> _Problem description_
Establish the number of lines below that contain the string "negsuc". State that number alone.

> _Data in this exercise_

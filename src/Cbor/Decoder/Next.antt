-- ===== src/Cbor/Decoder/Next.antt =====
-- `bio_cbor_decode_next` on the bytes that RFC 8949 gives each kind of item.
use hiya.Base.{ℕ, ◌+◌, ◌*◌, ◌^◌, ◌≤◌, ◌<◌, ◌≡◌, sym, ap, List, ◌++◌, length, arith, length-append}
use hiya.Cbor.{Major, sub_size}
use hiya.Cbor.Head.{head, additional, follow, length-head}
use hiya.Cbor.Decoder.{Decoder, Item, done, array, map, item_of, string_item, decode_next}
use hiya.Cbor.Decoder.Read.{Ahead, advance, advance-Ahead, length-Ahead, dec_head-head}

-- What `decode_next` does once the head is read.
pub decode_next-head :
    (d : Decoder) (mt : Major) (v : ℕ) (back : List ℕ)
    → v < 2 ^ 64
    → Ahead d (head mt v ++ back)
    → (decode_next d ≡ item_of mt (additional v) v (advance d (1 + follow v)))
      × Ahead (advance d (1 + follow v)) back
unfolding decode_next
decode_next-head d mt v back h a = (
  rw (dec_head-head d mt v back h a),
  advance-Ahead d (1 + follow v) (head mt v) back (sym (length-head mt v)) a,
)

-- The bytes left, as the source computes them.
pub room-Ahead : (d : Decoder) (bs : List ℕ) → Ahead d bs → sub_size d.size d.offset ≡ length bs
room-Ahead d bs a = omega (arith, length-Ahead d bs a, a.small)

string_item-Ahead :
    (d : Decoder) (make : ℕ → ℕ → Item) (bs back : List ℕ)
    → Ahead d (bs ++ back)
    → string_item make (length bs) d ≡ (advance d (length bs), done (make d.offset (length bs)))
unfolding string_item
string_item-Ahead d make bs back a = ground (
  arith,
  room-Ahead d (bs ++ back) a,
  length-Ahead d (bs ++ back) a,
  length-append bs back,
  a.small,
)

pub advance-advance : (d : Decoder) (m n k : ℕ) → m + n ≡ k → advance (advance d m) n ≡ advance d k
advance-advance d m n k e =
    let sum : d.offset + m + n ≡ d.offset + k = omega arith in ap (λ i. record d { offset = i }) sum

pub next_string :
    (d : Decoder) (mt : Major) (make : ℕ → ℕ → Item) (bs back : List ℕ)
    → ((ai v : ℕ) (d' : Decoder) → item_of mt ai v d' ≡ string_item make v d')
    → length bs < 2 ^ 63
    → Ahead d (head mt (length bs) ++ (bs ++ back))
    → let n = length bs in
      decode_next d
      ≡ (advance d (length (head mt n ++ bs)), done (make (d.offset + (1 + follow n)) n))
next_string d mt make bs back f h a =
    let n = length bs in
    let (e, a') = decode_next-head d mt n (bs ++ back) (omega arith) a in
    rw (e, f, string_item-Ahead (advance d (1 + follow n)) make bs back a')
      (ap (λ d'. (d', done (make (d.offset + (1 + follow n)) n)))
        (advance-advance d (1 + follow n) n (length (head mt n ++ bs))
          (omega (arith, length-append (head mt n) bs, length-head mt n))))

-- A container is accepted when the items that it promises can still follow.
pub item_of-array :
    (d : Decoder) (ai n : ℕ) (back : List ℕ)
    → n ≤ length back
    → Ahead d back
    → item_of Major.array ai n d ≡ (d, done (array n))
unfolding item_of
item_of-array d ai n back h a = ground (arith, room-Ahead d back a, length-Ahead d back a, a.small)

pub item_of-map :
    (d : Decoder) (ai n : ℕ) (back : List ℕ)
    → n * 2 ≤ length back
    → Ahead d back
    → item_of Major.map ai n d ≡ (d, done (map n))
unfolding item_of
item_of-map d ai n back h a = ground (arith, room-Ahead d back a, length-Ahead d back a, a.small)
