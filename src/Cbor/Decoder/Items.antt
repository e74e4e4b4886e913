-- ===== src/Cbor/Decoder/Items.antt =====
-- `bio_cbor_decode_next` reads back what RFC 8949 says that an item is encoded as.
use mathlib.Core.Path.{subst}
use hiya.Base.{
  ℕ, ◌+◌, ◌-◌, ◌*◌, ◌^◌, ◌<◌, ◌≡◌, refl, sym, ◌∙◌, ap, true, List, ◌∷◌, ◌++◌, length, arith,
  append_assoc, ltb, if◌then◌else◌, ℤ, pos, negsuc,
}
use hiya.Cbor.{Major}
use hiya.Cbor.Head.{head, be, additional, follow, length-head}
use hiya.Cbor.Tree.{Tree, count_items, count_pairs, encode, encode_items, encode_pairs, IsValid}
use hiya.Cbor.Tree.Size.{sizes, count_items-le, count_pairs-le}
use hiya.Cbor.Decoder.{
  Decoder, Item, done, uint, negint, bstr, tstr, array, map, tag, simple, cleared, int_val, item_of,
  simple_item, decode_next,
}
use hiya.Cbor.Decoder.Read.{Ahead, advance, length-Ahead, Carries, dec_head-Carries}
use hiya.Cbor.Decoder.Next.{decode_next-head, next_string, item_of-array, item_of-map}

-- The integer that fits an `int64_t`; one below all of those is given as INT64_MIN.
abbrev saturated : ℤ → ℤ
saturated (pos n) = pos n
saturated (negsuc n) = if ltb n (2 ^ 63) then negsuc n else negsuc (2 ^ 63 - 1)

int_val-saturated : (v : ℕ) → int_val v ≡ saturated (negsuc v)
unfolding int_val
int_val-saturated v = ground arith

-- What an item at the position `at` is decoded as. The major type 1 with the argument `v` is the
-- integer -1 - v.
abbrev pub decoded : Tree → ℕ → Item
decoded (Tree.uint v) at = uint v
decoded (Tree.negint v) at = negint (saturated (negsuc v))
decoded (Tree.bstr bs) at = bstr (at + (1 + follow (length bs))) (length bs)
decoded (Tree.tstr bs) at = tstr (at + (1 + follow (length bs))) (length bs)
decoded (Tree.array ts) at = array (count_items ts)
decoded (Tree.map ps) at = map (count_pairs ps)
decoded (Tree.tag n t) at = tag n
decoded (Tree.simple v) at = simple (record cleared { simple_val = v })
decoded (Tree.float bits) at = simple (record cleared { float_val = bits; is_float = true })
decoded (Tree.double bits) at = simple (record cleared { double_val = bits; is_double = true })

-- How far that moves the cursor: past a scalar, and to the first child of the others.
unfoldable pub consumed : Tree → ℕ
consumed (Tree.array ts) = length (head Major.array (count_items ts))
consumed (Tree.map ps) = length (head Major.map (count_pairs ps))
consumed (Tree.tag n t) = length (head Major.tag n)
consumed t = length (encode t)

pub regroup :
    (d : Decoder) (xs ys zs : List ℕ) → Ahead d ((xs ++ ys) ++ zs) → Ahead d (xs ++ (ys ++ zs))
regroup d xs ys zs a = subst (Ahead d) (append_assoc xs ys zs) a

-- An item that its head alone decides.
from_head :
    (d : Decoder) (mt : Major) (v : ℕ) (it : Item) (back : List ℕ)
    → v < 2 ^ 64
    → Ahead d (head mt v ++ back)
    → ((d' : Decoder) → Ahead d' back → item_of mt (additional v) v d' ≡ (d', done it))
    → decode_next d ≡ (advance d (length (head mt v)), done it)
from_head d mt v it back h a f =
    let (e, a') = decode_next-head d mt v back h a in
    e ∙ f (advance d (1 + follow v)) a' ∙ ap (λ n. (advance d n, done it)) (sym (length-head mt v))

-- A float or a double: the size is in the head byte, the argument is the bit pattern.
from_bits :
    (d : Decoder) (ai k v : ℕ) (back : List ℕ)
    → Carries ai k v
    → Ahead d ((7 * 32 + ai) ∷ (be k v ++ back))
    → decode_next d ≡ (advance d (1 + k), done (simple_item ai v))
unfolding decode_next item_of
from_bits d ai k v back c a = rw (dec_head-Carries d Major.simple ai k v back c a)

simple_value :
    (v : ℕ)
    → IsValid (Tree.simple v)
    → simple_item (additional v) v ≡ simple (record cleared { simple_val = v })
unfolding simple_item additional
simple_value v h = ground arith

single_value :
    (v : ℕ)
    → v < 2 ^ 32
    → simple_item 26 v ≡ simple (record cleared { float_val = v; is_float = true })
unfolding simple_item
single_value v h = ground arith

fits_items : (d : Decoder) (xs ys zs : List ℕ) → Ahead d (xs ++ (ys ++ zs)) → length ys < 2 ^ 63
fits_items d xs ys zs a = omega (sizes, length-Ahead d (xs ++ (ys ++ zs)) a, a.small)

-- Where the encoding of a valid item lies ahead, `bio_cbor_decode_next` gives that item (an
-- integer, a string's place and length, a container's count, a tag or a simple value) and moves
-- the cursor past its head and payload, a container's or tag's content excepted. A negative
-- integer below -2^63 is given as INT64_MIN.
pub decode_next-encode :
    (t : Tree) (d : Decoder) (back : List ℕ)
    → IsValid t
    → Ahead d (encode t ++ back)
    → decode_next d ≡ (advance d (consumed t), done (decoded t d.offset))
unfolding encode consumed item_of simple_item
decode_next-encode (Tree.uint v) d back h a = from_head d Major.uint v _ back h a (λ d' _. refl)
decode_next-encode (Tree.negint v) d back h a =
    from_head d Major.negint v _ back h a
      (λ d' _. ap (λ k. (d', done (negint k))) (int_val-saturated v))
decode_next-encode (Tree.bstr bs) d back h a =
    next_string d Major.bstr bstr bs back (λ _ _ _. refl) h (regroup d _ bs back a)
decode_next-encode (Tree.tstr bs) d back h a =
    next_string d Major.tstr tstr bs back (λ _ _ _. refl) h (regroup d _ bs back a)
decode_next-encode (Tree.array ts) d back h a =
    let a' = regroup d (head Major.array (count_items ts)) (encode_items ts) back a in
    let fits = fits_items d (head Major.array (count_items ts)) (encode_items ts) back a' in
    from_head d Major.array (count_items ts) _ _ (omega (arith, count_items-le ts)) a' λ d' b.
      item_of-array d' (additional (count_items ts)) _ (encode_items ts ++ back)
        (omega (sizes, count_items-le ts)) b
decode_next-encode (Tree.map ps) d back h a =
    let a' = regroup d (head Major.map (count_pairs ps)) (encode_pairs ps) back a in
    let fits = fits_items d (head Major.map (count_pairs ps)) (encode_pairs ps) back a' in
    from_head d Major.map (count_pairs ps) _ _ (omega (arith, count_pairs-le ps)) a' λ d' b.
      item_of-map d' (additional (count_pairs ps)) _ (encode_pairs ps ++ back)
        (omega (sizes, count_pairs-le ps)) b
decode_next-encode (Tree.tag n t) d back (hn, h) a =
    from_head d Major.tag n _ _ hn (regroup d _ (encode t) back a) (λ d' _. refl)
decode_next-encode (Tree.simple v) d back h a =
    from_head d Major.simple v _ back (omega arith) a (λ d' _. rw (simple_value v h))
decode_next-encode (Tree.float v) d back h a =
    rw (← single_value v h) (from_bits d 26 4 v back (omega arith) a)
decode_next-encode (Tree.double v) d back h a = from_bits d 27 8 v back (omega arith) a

> _Response to the task_
4